事例紹介

Office365に替えたら、Excelマクロが動かない!
~ 意外と気付かない、32/64bitの違い ~

業種
利用規模
解決した問題
背景 Office2010のサポート切れに伴い、Microsoft365(Office365)を導入。
すると、いくつかのExcelマクロがエラーで動かなくなった。
原因 Office2019登場以降、365も標準が64bitになったため、一部のマクロでエラーが発生する。
対策 原理的に32bitか64bitかに依存しているものがあり、それぞれの環境に合わせた記述に変更すれば、元通り動く様になる。
2010からのUpdateの場合は32bitのままなので、両方の環境が混在する事になる点に留意。

Excelのバージョンアップで、マクロがエラーに

背景

複数のお客様で起こった共通のトラブルです。

今まで古いOffice(たいてい2010です)を使っていたのが、2010のサポート切れやハードウェアのリース切れなどをきっかけに環境を最新化した結果、Excelも2019(もしくは365)にUpdateされますが、この結果従来動いていたマクロがエラーメッセージを出して止まってしまうことが少なくありません。

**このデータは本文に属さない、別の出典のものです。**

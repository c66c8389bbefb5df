-- ===== src/Timelock/Status.antt =====
-- The queries of contracts/router-timelock/src/lib.rs.
use stellar_router.Prelude.{
  ℕ, ◌+◌, ◌++◌, Bool, false, ◌&&◌, not, Option, none, some, List, [], ◌∷◌, ltb, leb, unwrap_or,
  if◌then◌else◌,
}
use stellar_router.Prelude.Words.{checked_add_u64}
use stellar_router.Common.{Address, Env, ok_or}
use stellar_router.Timelock
use stellar_router.Timelock.{
  Op, OpId, OperationStatus, Call, TimelockError, queued, ready, executed, cancelled, expired,
  blocked,
}
use stellar_router.Timelock.Deps.{pending, is_past, has_blocked_dependency}

abbrev State : Type 0
State = Timelock.Timelock

unfoldable pub get_op : State → OpId → Option Op
get_op s id = s.ops id

unfoldable pub get_dependencies : State → OpId → List OpId
get_dependencies s id = unwrap_or (s.deps id) []

-- `checked_add(..).is_some_and(|expiry| now <= expiry)`
abbrev pub is_within : Option ℕ → ℕ → Bool
is_within none now = false
is_within (some expiry) now = leb now expiry

abbrev pub expiry_of : Op → Option ℕ
expiry_of op = checked_add_u64 op.eta op.grace_period_seconds

unfoldable pub status_of : Env → State → OpId → Op → OperationStatus
status_of env s id op =
    if op.cancelled
    then cancelled
    else if op.executed
    then executed
    else if is_past (expiry_of op) env.timestamp
    then expired
    else if has_blocked_dependency env s id
    then blocked
    else if leb op.eta env.timestamp
    then ready
    else queued

unfoldable pub get_operation_status : Env → State → OpId → Option OperationStatus
unfolding status_of
get_operation_status env s id = elim (s.ops id) [
  | none ↦ none
  | some op ↦ some (status_of env s id op)
]

abbrev pub is_live : Op → ℕ → Bool
is_live op now = not op.executed && not op.cancelled && is_within (expiry_of op) now

abbrev pub push_live : ℕ → List Op → Option Op → List Op
push_live now result none = result
push_live now result (some op) = if is_live op now then result ++ op ∷ [] else result

unfoldable pub collect_live : ℕ → State → List OpId → List Op → List Op
collect_live now s [] result = result
collect_live now s (id ∷ ids) result = collect_live now s ids (push_live now result (s.ops id))

unfoldable pub get_pending_operations : Env → State → List Op
unfolding collect_live
get_pending_operations env s = collect_live env.timestamp s (pending s) []

-- The match on the status asked for in `get_operation_count_by_status`, which `get_operations_by_status`
-- has in a copy of its own, `matches`.
unfoldable pub counts : Env → State → OperationStatus → OpId → Op → Bool
counts env s cancelled id op = op.cancelled
counts env s executed id op = op.executed
counts env s expired id op =
    not op.executed && not op.cancelled && is_past (expiry_of op) env.timestamp
counts env s ready id op =
    not op.executed
    && not op.cancelled
    && leb op.eta env.timestamp
    && is_within (expiry_of op) env.timestamp
    && not (has_blocked_dependency env s id)
counts env s queued id op =
    not op.executed
    && not op.cancelled
    && ltb env.timestamp op.eta
    && not (has_blocked_dependency env s id)
counts env s blocked id op =
    not op.executed
    && not op.cancelled
    && is_within (expiry_of op) env.timestamp
    && has_blocked_dependency env s id

abbrev pub count_match : Env → State → OperationStatus → OpId → ℕ → Option Op → ℕ
count_match env s status id count none = count
count_match env s status id count (some op) = if counts env s status id op then count + 1 else count

unfoldable pub count_matches : Env → State → OperationStatus → List OpId → ℕ → ℕ
count_matches env s status [] count = count
count_matches env s status (id ∷ ids) count =
    count_matches env s status ids (count_match env s status id count (s.ops id))

unfoldable pub get_operation_count_by_status : Env → State → OperationStatus → ℕ
unfolding count_matches
get_operation_count_by_status env s status = count_matches env s status (pending s) 0

-- The match on the status asked for in `get_operations_by_status`.
unfoldable pub matches : Env → State → OperationStatus → OpId → Op → Bool
matches env s cancelled id op = op.cancelled
matches env s executed id op = op.executed
matches env s expired id op =
    not op.executed && not op.cancelled && is_past (expiry_of op) env.timestamp
matches env s ready id op =
    not op.executed
    && not op.cancelled
    && leb op.eta env.timestamp
    && is_within (expiry_of op) env.timestamp
    && not (has_blocked_dependency env s id)
matches env s queued id op =
    not op.executed
    && not op.cancelled
    && ltb env.timestamp op.eta
    && not (has_blocked_dependency env s id)
matches env s blocked id op =
    not op.executed
    && not op.cancelled
    && is_within (expiry_of op) env.timestamp
    && has_blocked_dependency env s id

abbrev pub push_match :
    Env → State → OperationStatus → OpId → List (OpId × Op) → Option Op → List (OpId × Op)
push_match env s status id result none = result
push_match env s status id result (some op) =
    if matches env s status id op then result ++ (id, op) ∷ [] else result

unfoldable pub collect_matches :
    Env → State → OperationStatus → List OpId → List (OpId × Op) → List (OpId × Op)
collect_matches env s status [] result = result
collect_matches env s status (id ∷ ids) result =
    collect_matches env s status ids (push_match env s status id result (s.ops id))

unfoldable pub get_operations_by_status : Env → State → OperationStatus → List (OpId × Op)
unfolding collect_matches
get_operations_by_status env s status = collect_matches env s status (pending s) []

unfoldable pub get_max_pending_ops : State → ℕ
get_max_pending_ops s = unwrap_or s.max_pending_ops 0

unfoldable pub min_delay : State → Call ℕ
min_delay s = ok_or s.min_delay TimelockError.not_initialized

unfoldable pub admin : State → Call Address
admin s = ok_or s.admin TimelockError.not_initialized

一部の古いパソコンでは動く、といった場合は、ほぼ64bit化されたExcelが原因と言えます。

 

トラブルの原因

普通に関数を中心に使っている分には意識しませんが、プログラム(VBA≒マクロ)でロジックを記述していると、OSの機能を呼び出して使うことがあります。

わかりやすい例としては、ファイルを開くといった挙動はExcel固有のものではなく、他のアプリケーションからも共通して使われる機能ですから、アプリケーションごとに開発をするのではなく、OSの機能を呼び出すことで実現しています。

こうした場合、呼ばれたOS(Windows)側では、32bit版と64bit版で別のしくみを使うことがあります。

これは、一般論として、32bitから64bit化されることは進化を表しており、新しい環境ならではの新しい機能なり性能なりを追求しようという動きが出てくるため、古い32bitの環境と切替えているのです。

今使っているExcelがいずれであるかは、次の手順で確認できます。

  1. ファイル → アカウントで 「製品情報」を表示
  2. 「Excelのバージョン情報」をクリック

 

 

対処法

プログラム的に同じ記述をしていても、OS側で勝手に切替えてくれれば良いのですが、呼び出すファイルが異なるので、ファイル名が異なります。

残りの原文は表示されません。